Assigned task: Please reproduce, exactly and with nothing else, every line from the one containing "first_code previous [] = pure none" through the last line of the records below.
◇ ◇ ◇ ◇ ◇
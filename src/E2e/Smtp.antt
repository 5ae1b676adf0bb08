-- ===== src/E2e/Smtp.antt =====
-- The mailbox of smtp4dev, as e2e/http/run.py polls it for an emailed code.
pub mod Deadline
use keycloak_oidc4ac_lab.Prelude.{
  ℕ, zero, suc, ◌+◌, String, Option, none, some, List, [], ◌∷◌, nat_eq, ltb, contains, ◌<>◌,
  check_failure, if◌then◌else◌,
}
use keycloak_oidc4ac_lab.Prelude.Dict.{Dict, is_member}
use keycloak_oidc4ac_lab.Prelude.Action.{Action, pure, raise, lift, ◌>>=◌, ◌>>◌}
use keycloak_oidc4ac_lab.Json.{Value, null, object, as_dict, as_list, arr, obj, items, entries, nil}
use keycloak_oidc4ac_lab.Client.Grants.{is_true, get_or_none}
use keycloak_oidc4ac_lab.E2e.Polling.{poll_for}
use keycloak_oidc4ac_lab.E2e.Lab.{Reply, Network, Constants}

-- `a or b`
abbrev pub or_else : Value → Value → Value
or_else a b = if is_true a then a else b

-- The list of messages in one of the payloads that smtp4dev is known to answer with.
unfoldable pub listed : Value → Option (List Value)
listed (arr vs) = some (items vs)
listed (obj fs) =
    let d = entries fs in
    as_list (
      or_else (or_else (get_or_none "results" d) (get_or_none "messages" d))
        (or_else (get_or_none "items" d) (arr nil)))
listed _ = some []

abbrev dicts : List Value → List (Dict Value)
dicts [] = []
dicts (v ∷ vs) = elim (as_dict v) [ none ↦ dicts vs | some d ↦ d ∷ dicts vs ]

-- `if code: return code`, and what follows.
abbrev pub or_next :
    {W : Type 0} → Action W (Option String) → Option String → Action W (Option String)
or_next next (some code) = pure (some code)
or_next next none = next

module _ {W : Type 0} (net : Network W) (constants : Constants) where
  abbrev api : String → String
  api path = constants.smtp4dev <> "/api/messages" <> path

  unfoldable pub smtp_messages : Action W (List (Dict Value))
  unfolding listed
  smtp_messages = do
    response ← net.fetch (api "")
    if nat_eq response.status 200
        then pure tt
        else raise (check_failure "smtp4dev message API returned an error.")
    payload ← lift (net.body response)
    elim (listed payload) [
      | none ↦ raise (check_failure "smtp4dev message API did not return a message list.")
      | some messages ↦ pure (dicts messages)
    ]

  unfoldable pub smtp_message_key : Dict Value → String
  smtp_message_key message =
      let id = or_else (get_or_none "id" message) (get_or_none "guid" message) in
      if is_true id then net.text_of id else net.dumps_sorted (object message)

  -- The raw message, if it is served.
  pub raw_code : String → Action W (Option String)
  raw_code id = do
    response ← net.fetch (api ("/" <> id <> "/raw"))
    pure (if nat_eq response.status 200 then net.search response.text else none)

  pub replaced : Dict Value → Reply → Action W (Dict Value)
  replaced message response = do
    candidate ← lift (net.body response)
    pure (elim (as_dict candidate) [ none ↦ message | some d ↦ d ])

  -- The message's details, or the message itself.
  pub detail_of : Dict Value → String → Action W (Dict Value)
  unfolding replaced
  detail_of message id = do
    response ← net.fetch (api ("/" <> id))
    if nat_eq response.status 200 then replaced message response else pure message

  pub code_in : Dict Value → Action W (Option String)
  code_in detail = pure (net.search (net.dumps_default (object detail)))

  -- The code by the message's id, where None is no id.
  pub code_by_id : Dict Value → Value → Action W (Option String)
  unfolding raw_code detail_of code_in
  code_by_id message null = code_in message
  code_by_id message id =
      raw_code (net.quote (net.text_of id))
      >>= or_next (detail_of message (net.quote (net.text_of id)) >>= code_in)

  -- One message that is new and is of this laboratory.
  pub message_code : Dict Value → Action W (Option String)
  unfolding code_by_id
  message_code message =
      code_by_id message (or_else (get_or_none "id" message) (get_or_none "guid" message))

  pub first_code : List String → List (Dict Value) → Action W (Option String)
  unfolding message_code smtp_message_key
  first_code previous [] = pure none
  first_code previous (m ∷ ms) =
      let later = first_code previous ms in
      if is_member (smtp_message_key m) previous
      then later
      else if contains "OIDC4AC verification code" (net.dumps_default (object m))
      then (message_code m >>= or_next later)
      else later

  -- One look into the mailbox.
  pub attempt : List String → Action W (Option String)
  unfolding first_code smtp_messages
  attempt previous = smtp_messages >>= λ messages. first_code previous messages

  abbrev pub late : Action W String
  late = raise (check_failure "smtp4dev did not receive a code.")

  unfoldable pub smtp_verification_code : List String → Action W String
  unfolding attempt poll_for
  smtp_verification_code previous = poll_for net (attempt previous) late constants.timeout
◇ ◇ ◇ ◇ ◇
Expected answer:
  first_code previous [] = pure none
  first_code previous (m ∷ ms) =
      let later = first_code previous ms in
      if is_member (smtp_message_key m) previous
      then later
      else if contains "OIDC4AC verification code" (net.dumps_default (object m))
      then (message_code m >>= or_next later)
      else later

  -- One look into the mailbox.
  pub attempt : List String → Action W (Option String)
  unfolding first_code smtp_messages
  attempt previous = smtp_messages >>= λ messages. first_code previous messages

  abbrev pub late : Action W String
  late = raise (check_failure "smtp4dev did not receive a code.")

  unfoldable pub smtp_verification_code : List String → Action W String
  unfolding attempt poll_for
  smtp_verification_code previous = poll_for net (attempt previous) late constants.timeout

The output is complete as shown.